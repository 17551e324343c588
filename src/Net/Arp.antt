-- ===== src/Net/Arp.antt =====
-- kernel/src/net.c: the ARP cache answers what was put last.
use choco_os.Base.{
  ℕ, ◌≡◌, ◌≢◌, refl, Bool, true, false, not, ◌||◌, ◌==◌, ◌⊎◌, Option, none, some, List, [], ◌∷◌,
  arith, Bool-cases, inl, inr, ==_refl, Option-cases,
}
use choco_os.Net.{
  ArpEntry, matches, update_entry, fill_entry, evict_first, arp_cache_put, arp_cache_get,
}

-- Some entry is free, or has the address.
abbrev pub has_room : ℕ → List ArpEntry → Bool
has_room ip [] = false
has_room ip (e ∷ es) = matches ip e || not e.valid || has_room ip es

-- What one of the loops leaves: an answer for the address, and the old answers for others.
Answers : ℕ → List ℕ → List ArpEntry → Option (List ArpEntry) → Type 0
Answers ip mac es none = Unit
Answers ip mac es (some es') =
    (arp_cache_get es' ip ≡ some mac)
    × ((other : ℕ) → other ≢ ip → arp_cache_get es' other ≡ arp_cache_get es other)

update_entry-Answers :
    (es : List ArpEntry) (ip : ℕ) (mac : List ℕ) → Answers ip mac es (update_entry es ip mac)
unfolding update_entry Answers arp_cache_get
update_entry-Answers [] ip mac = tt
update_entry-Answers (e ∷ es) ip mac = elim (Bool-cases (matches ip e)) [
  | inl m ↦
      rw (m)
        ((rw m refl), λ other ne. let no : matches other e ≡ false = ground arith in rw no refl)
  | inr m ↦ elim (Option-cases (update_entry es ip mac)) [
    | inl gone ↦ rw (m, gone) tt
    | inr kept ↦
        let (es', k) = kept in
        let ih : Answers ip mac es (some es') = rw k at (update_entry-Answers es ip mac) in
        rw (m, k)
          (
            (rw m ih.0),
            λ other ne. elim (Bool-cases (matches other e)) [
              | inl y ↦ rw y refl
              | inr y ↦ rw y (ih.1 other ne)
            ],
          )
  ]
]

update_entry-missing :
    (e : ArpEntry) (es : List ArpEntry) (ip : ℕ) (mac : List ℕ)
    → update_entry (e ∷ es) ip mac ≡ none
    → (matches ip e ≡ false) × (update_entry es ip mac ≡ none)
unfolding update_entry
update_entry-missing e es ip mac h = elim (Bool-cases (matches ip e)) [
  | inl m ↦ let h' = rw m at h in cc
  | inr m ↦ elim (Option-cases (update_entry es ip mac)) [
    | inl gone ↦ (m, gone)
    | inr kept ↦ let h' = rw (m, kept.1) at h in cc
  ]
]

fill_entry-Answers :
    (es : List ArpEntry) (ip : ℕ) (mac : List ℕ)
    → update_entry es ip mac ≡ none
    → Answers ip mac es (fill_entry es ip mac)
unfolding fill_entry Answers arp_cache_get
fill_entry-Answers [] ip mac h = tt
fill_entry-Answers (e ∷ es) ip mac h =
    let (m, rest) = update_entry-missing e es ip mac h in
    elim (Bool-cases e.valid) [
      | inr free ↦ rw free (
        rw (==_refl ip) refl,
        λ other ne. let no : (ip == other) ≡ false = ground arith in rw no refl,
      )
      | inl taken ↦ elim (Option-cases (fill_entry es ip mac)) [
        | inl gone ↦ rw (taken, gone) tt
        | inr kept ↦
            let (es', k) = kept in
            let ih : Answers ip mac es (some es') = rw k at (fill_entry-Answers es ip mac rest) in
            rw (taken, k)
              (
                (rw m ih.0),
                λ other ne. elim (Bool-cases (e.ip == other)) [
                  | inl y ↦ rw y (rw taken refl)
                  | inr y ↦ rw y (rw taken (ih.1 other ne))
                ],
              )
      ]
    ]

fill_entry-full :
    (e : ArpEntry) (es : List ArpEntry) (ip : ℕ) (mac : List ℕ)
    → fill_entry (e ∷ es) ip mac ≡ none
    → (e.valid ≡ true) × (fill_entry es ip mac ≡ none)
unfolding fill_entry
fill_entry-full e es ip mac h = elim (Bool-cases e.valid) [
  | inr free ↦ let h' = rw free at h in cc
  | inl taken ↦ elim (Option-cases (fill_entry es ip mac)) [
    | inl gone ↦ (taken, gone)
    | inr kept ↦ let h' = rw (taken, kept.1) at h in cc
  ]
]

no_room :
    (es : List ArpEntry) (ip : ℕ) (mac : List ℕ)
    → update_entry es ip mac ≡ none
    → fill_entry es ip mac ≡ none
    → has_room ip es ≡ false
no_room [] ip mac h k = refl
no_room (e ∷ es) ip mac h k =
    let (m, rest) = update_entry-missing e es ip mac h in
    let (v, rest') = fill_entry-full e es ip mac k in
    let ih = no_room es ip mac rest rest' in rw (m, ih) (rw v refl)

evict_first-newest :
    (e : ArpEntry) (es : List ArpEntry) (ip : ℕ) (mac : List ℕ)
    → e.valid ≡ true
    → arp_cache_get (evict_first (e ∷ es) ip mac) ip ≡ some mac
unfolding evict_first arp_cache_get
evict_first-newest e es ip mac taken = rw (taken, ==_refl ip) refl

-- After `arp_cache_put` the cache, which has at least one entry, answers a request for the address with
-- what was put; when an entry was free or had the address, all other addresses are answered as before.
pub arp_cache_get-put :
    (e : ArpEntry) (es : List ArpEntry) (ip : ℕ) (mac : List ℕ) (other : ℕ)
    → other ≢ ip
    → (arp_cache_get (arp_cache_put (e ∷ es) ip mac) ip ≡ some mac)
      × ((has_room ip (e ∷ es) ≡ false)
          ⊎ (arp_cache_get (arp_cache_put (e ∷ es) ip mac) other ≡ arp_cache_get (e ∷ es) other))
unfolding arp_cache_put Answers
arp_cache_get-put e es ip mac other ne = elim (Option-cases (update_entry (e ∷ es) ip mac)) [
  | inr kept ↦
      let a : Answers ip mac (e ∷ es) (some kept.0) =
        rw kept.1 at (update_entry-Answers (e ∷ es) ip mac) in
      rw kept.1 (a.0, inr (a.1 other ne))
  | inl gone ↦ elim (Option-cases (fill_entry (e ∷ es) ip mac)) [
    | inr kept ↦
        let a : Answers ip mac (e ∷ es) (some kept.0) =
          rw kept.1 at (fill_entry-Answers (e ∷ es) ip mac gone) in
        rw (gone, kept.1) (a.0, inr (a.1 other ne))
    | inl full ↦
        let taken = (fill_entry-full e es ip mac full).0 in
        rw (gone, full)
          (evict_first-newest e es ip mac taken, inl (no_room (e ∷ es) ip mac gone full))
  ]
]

+++

Using the listing above, count the lines that contain the word "missing" and state only that number.

> [SOLUTION BELOW] 4